■ **YOUR GOAL**:
Output only the lines below from the one containing "-- Where no" to the one containing "-- bytes of the load and not all.", exactly as written, both ends kept.

■ **Dataset entries**:
=-=-=-=-=
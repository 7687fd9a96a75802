-- ===== src/StoreBuffer/Forward.antt =====
-- `forward_load` against the memory that a load should see: the one that the older stores leave when
-- they are performed in program order.
use rvsim.Base.{
  ℕ, ◌+◌, ◌^◌, ◌≤◌, ◌<◌, ◌≡◌, ◌⊎◌, inl, inr, refl, sym, ap, ◌∙◌, subst, true, false, List, [], ◌∷◌,
  reverse, Option, none, some, arith, All, if◌then◌else◌, Bool-cases,
}
use rvsim.Circular.{scan_back, back}
use rvsim.Circular.Window.{scan_back-eq-reverse}
use rvsim.Signals.{MemWidth, width_to_bytes}
use rvsim.RobTag.{RobTag}
use rvsim.StoreBuffer.{
  StoreBuffer, StoreBufferEntry, ForwardResult, hit, miss, stall, StoreResolution, pending, ready,
  committed, cancelled, sb_capacity, stores, default_store, overlaps, covers, forward_from,
  forward_test, older_store, or_else, forward_loop, forward_load,
}
use rvsim.StoreBuffer.Inv.{IsSound}
use rvsim.StoreBuffer.Bytes.{Memory, write_bytes, read_bytes, read-write_covered, read-write_apart}
use rvsim.StoreBuffer.Perform.{
  perform_one, perform, InRange, Partial, Any, perform_back, perform_back-reverse, All-reverse,
  Any-reverse,
}

width-le : (w : MemWidth) → width_to_bytes w ≤ 8
width-le w = ground arith

-- What the test of a store says of a read before and after the store.
abbrev Outcome : ℕ → ℕ → Option ForwardResult → Type 0
Outcome before after none = after ≡ before
Outcome before after (some (hit v)) = after ≡ v
Outcome before after (some miss) = ⊥
Outcome before after (some stall) = Unit {0}

from_Outcome :
    (load a d : ℕ) (w w' : MemWidth) (m : Memory)
    → load + 8 < 2 ^ 64
    → a + 8 < 2 ^ 64
    → Outcome
        (read_bytes m load (width_to_bytes w))
        (read_bytes (write_bytes a (width_to_bytes w') d m) load (width_to_bytes w))
        (forward_from load w w' a d)
from_Outcome load a d w w' m hl ha = elim (Bool-cases (overlaps load w a w')) [
  | inr apart ↦
      rw (apart, if◌then◌else◌)
        (read-write_apart (width_to_bytes w) load a (width_to_bytes w') d m
          (ground (arith, width-le w, width-le w')))
  | inl meet ↦ elim (Bool-cases (covers load w a w')) [
    | inl all ↦
        rw (meet, all, if◌then◌else◌)
          (read-write_covered (width_to_bytes w) load a (width_to_bytes w') d m (ground arith)
            (ground (arith, width-le w, width-le w')))
    | inr partly ↦ rw (meet, partly, if◌then◌else◌) tt
  ]
]

from_stall :
    (load a d : ℕ) (w w' : MemWidth)
    → load + 8 < 2 ^ 64
    → a + 8 < 2 ^ 64
    → forward_from load w w' a d ≡ some stall
    → (load < a + width_to_bytes w')
      × (a < load + width_to_bytes w)
      × ((load < a) ⊎ (a + width_to_bytes w' < load + width_to_bytes w))
from_stall load a d w w' hl ha h = ground (arith, width-le w, width-le w')

module _ (t : RobTag) (load : ℕ) (w : MemWidth) (hl : load + 8 < 2 ^ 64) (m : Memory) where
  abbrev read : Memory → ℕ
  read m' = read_bytes m' load (width_to_bytes w)

  abbrev with_resolution : StoreBufferEntry → StoreResolution → StoreBufferEntry
  with_resolution e s = record e { resolution = s }

  test_Outcome :
      (e : StoreBufferEntry) (m' : Memory) (s : StoreResolution)
      → InRange (with_resolution e s)
      → Outcome
          (read m')
          (read (perform_one (with_resolution e s) m'))
          (forward_test load w (with_resolution e s))
  test_Outcome e m' pending ha = refl
  test_Outcome e m' (ready a d) ha = from_Outcome load a d w e.width m' hl ha
  test_Outcome e m' (committed a d) ha = from_Outcome load a d w e.width m' hl ha
  test_Outcome e m' cancelled ha = refl

  test_stall :
      (e : StoreBufferEntry) (s : StoreResolution)
      → older_store t e ≡ true
      → InRange (with_resolution e s)
      → forward_test load w (with_resolution e s) ≡ some stall
      → Partial load w t (with_resolution e s)
  test_stall e pending older ha h = cc
  test_stall e (ready a d) older ha h =
      let s = from_stall load a d w e.width hl ha h in (older, (a, refl, s.0, s.1, s.2))
  test_stall e (committed a d) older ha h =
      let s = from_stall load a d w e.width hl ha h in (older, (a, refl, s.0, s.1, s.2))
  test_stall e cancelled older ha h = cc

  -- What the loop says of the stores that it has visited.
  abbrev Serves : List StoreBufferEntry → ForwardResult → Type 0
  Serves es (hit v) = read (perform_back t es m) ≡ v
  Serves es miss = read (perform_back t es m) ≡ read m
  Serves es stall = Any (Partial load w t) es

  Serves-skip :
      (e : StoreBufferEntry) (es : List StoreBufferEntry) (r : ForwardResult)
      → read (perform_back t (e ∷ es) m) ≡ read (perform_back t es m)
      → Serves es r
      → Serves (e ∷ es) r
  Serves-skip e es (hit v) same h = same ∙ h
  Serves-skip e es miss same h = same ∙ h
  Serves-skip e es stall same h = inr h

  Serves-test :
      (e : StoreBufferEntry) (es : List StoreBufferEntry) (r : ForwardResult)
      (o : Option ForwardResult)
      → older_store t e ≡ true
      → InRange e
      → forward_test load w e ≡ o
      → Outcome (read (perform_back t es m)) (read (perform_back t (e ∷ es) m)) o
      → Serves es r
      → Serves (e ∷ es) (or_else o r)
  Serves-test e es r none older ha eq out h = Serves-skip e es r out h
  Serves-test e es r (some (hit v)) older ha eq out h = out
  Serves-test e es r (some miss) older ha eq out h = absurd out
  Serves-test e es r (some stall) older ha eq out h = inl (test_stall e e.resolution older ha eq)

  loop_older :
      (e : StoreBufferEntry) (es : List StoreBufferEntry)
      → older_store t e ≡ true
      → forward_loop load w t (e ∷ es) ≡ or_else (forward_test load w e) (forward_loop load w t es)
  unfolding forward_loop
  loop_older e es older = rw older

  loop_newer :
      (e : StoreBufferEntry) (es : List StoreBufferEntry)
      → older_store t e ≡ false
      → forward_loop load w t (e ∷ es) ≡ forward_loop load w t es
  unfolding forward_loop
  loop_newer e es newer = rw newer

  forward_loop-Serves :
      (es : List StoreBufferEntry) → All InRange es → Serves es (forward_loop load w t es)
  unfolding forward_loop
  forward_loop-Serves [] h = refl
  forward_loop-Serves (e ∷ es) h = elim (Bool-cases (older_store t e)) [
    | inl older ↦ subst (Serves (e ∷ es)) (sym (loop_older e es older)) (
        Serves-test e es (forward_loop load w t es) (forward_test load w e) older h.0 refl
          (rw (older, if◌then◌else◌) (test_Outcome e (perform_back t es m) e.resolution h.0))
          (forward_loop-Serves es h.1))
    | inr newer ↦ subst (Serves (e ∷ es)) (sym (loop_newer e es newer)) (
        Serves-skip e es (forward_loop load w t es) (rw (newer, if◌then◌else◌) refl)
          (forward_loop-Serves es h.1))
  ]

-- The three answers to a load of `w` at `load`, on memory `m`.
abbrev pub Forwards :
    RobTag → ℕ → MemWidth → Memory → List StoreBufferEntry → ForwardResult → Type 0
Forwards t load w m es (hit v) = read_bytes (perform t es m) load (width_to_bytes w) ≡ v
Forwards t load w m es miss =
    read_bytes (perform t es m) load (width_to_bytes w) ≡ read_bytes m load (width_to_bytes w)
Forwards t load w m es stall = Any (Partial load w t) es

Forwards-reverse :
    (t : RobTag) (load : ℕ) (w : MemWidth) (hl : load + 8 < 2 ^ 64) (m : Memory)
    (es : List StoreBufferEntry) (r : ForwardResult)
    → Serves t load w hl m (reverse es) r
    → Forwards t load w m es r
Forwards-reverse t load w hl m es (hit v) h =
    ap (λ m'. read_bytes m' load (width_to_bytes w)) (sym (perform_back-reverse t es m)) ∙ h
Forwards-reverse t load w hl m es miss h =
    ap (λ m'. read_bytes m' load (width_to_bytes w)) (sym (perform_back-reverse t es m)) ∙ h
Forwards-reverse t load w hl m es stall h = Any-reverse (Partial load w t) es h

-- Where no address range leaves 64 bits, a hit of `forward_load` is the value that the load reads
-- once the stores older than it have been performed in program order on any memory `m`; on a miss
-- these stores do not change what the load reads; and on a stall some older store holds part of the
-- bytes of the load and not all.
pub forward_load-Forwards :
    (sb : StoreBuffer) (load : ℕ) (w : MemWidth) (t : RobTag) (m : Memory)
    → IsSound sb
    → load + 8 < 2 ^ 64
    → All InRange (stores sb)
    → Forwards t load w m (stores sb) (forward_load sb load w t)
unfolding forward_load
forward_load-Forwards sb load w t m v hl ranges =
    let visited =
      scan_back default_store sb.entries (sb_capacity sb) (back (sb_capacity sb) sb.tail)
        sb.count in
    let same : visited ≡ reverse (stores sb) =
      ap
        (λ i.
          scan_back default_store sb.entries (sb_capacity sb) (back (sb_capacity sb) i) sb.count)
        v.tail_eq
      ∙ scan_back-eq-reverse default_store (sb_capacity sb) sb.head v.head_lt sb.entries sb.count
          v.count_le in
    Forwards-reverse t load w hl m (stores sb) (forward_loop load w t visited) (
      subst (λ l. Serves t load w hl m l (forward_loop load w t visited)) same
        (forward_loop-Serves t load w hl m visited
          (subst (All InRange) (sym same) (All-reverse InRange (stores sb) ranges))))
=-=-=-=-=
■ **EXERCISE SOLUTION**:
-- Where no address range leaves 64 bits, a hit of `forward_load` is the value that the load reads
-- once the stores older than it have been performed in program order on any memory `m`; on a miss
-- these stores do not change what the load reads; and on a stall some older store holds part of the
-- bytes of the load and not all.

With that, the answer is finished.